[Stored data entries]
-- ===== src/Keyring/Phrases.antt =====
-- packages/keyring/src/keyring.ts and passphrase.ts: a key that a passphrase derives.
use copy_clipboard_app.Base.{
  ℕ, ◌==◌, Text, text_eq_refl, text_eq→eq, true, false, ◌≡◌, ◌≢◌, refl, sym, ap, ◌∙◌, inl, inr,
  none, some, length, ltb, arith, Bool-cases,
}
use copy_clipboard_app.Protocol.Types.{Bytes}
use copy_clipboard_app.Protocol.Result.{ok, keyring_bad_passphrase}
use copy_clipboard_app.Keyring.KeyFile.{
  Crypto, IsCrypto, read_key_file, serialise_key_file, read_key_file-serialise_key_file,
  master_key_bytes, passphrase_salt_bytes, min_passphrase_chars,
}
use copy_clipboard_app.Keyring.Unlocking.{
  passphrase, Keyring, Moment, returned, complete, new_keyring, set_key_file, unlocked,
  derived_file, key_verifier, verifier_matches, zeroed, release, derive_key_from_passphrase,
  verified, unlock_with_passphrase, lock, refused,
}
use copy_clipboard_app.Keyring.Fits.{and-right}
use copy_clipboard_app.Keyring.OneKey.{IsCollisionFree}

==_refl : (n : ℕ) → (n == n) ≡ true
==_refl n = ground arith

module _ (c : Crypto) (law : IsCrypto c) where
  abbrev pub IsLong : Text → Type 0
  IsLong phrase = ltb (length (c.nfkc phrase)) min_passphrase_chars ≡ false

  matches_itself : (key : Bytes) → verifier_matches c key (key_verifier c key) ≡ true
  matches_itself key =
      rw (==_refl (length (key_verifier c key)), text_eq_refl (key_verifier c key)) refl

  matches_no_other :
      IsCollisionFree c
      → (key other : Bytes) → length key ≡ master_key_bytes
      → length other ≡ master_key_bytes
      → key ≢ other
      → verifier_matches c other (key_verifier c key) ≡ false
  matches_no_other free key other n n' apart =
      elim (Bool-cases (verifier_matches c other (key_verifier c key))) [
        | inl e ↦ absurd (apart (sym (free other key n' n (text_eq→eq _ _ (and-right _ _ e)))))
        | inr e ↦ e
      ]

  accepted :
      (key : Bytes) (s : Keyring)
      → verified c key (key_verifier c key) s ≡ unlocked passphrase key s
  accepted key s = rw (matches_itself key) refl

  rejected :
      IsCollisionFree c
      → (key other : Bytes) (s : Keyring) → length key ≡ master_key_bytes
      → length other ≡ master_key_bytes
      → key ≢ other
      → verified c other (key_verifier c key) s
        ≡ refused keyring_bad_passphrase (release (zeroed other) s)
  rejected free key other s n n' apart = rw (matches_no_other free key other n n' apart) refl

  derived :
      (m : Moment) (phrase : Text) (s : Keyring)
      → s.master_key ≡ none
      → s.disk.key_file ≡ none
      → IsLong phrase
      → m.write ≡ complete
      → unlock_with_passphrase c m phrase s ≡ (
          let salt = m.random passphrase_salt_bytes in
          let key = derive_key_from_passphrase c phrase salt in
          unlocked passphrase key
            (set_key_file (some (serialise_key_file c (derived_file c salt key))) s))
  unfolding unlock_with_passphrase read_key_file
  derived m phrase s h f l w = simp (h, f, l, w)

  tried :
      (m : Moment) (phrase : Text) (salt key : Bytes) (s : Keyring)
      → s.master_key ≡ none
      → s.disk.key_file ≡ some (serialise_key_file c (derived_file c salt key))
      → IsLong phrase
      → unlock_with_passphrase c m phrase s
        ≡ verified c (derive_key_from_passphrase c phrase salt) (key_verifier c key) s
  unfolding unlock_with_passphrase
  tried m phrase salt key s h f l = simp (
    h,
    f,
    l,
    read_key_file-serialise_key_file c law (derived_file c salt key),
    law.decoded salt,
    law.decoded (key_verifier c key),
  )

  -- Where there is no key file, a passphrase of at least eight characters gives a key of 32 bytes, once
  -- the file is written whole. The same passphrase gives that key again after a lock. A passphrase
  -- whose key is another is refused after a restart: the keyring stays locked, the files stay as they
  -- are, and the key that was tried is wiped. It is supposed that no two keys of 32 bytes have
  -- the same verifier.
  pub unlock_with_passphrase_lem :
      IsCollisionFree c
      → (m later : Moment) (phrase wrong : Text) (s : Keyring) → s.master_key ≡ none
      → s.disk.key_file ≡ none
      → IsLong phrase
      → IsLong wrong
      → m.write ≡ complete
      → (let salt = m.random passphrase_salt_bytes in
          derive_key_from_passphrase c phrase salt ≢ derive_key_from_passphrase c wrong salt)
      → (let r = unlock_with_passphrase c m phrase s in
          let salt = m.random passphrase_salt_bytes in
          let key = derive_key_from_passphrase c phrase salt in
          let other = derive_key_from_passphrase c wrong salt in
          (r.0 ≡ returned (ok key))
          × (length key ≡ master_key_bytes)
          × ((unlock_with_passphrase c later phrase (lock r.1)).0 ≡ returned (ok key))
          × (unlock_with_passphrase c later wrong (new_keyring r.1.disk)
              ≡ refused keyring_bad_passphrase (release (zeroed other) (new_keyring r.1.disk))))
  unfolding lock
  unlock_with_passphrase_lem free m later phrase wrong s h f l l' w apart =
      let salt = m.random passphrase_salt_bytes in
      let key = derive_key_from_passphrase c phrase salt in
      let other = derive_key_from_passphrase c wrong salt in
      let held =
        (unlocked passphrase key
          (set_key_file (some (serialise_key_file c (derived_file c salt key))) s)).1 in
      let again = new_keyring held.disk in
      rw (derived m phrase s h f l w) (
        refl,
        law.derived (c.nfkc phrase) salt,
        ap (λ r. r.0)
            (tried later phrase salt key (lock held) refl refl l ∙ accepted key (lock held)),
        tried later wrong salt key again refl refl l'
            ∙ rejected free key other again (law.derived (c.nfkc phrase) salt)
                (law.derived (c.nfkc wrong) salt) apart,
      )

PROBLEM TO SOLVE
Could you set down, word for word, only the lines above from the line with "(let salt = m.random passphrase_salt_bytes in" to the line with "other) (new_keyring r.1.disk))))", including both?

ANSWER FOR THE TASK
      → (let salt = m.random passphrase_salt_bytes in
          derive_key_from_passphrase c phrase salt ≢ derive_key_from_passphrase c wrong salt)
      → (let r = unlock_with_passphrase c m phrase s in
          let salt = m.random passphrase_salt_bytes in
          let key = derive_key_from_passphrase c phrase salt in
          let other = derive_key_from_passphrase c wrong salt in
          (r.0 ≡ returned (ok key))
          × (length key ≡ master_key_bytes)
          × ((unlock_with_passphrase c later phrase (lock r.1)).0 ≡ returned (ok key))
          × (unlock_with_passphrase c later wrong (new_keyring r.1.disk)
              ≡ refused keyring_bad_passphrase (release (zeroed other) (new_keyring r.1.disk))))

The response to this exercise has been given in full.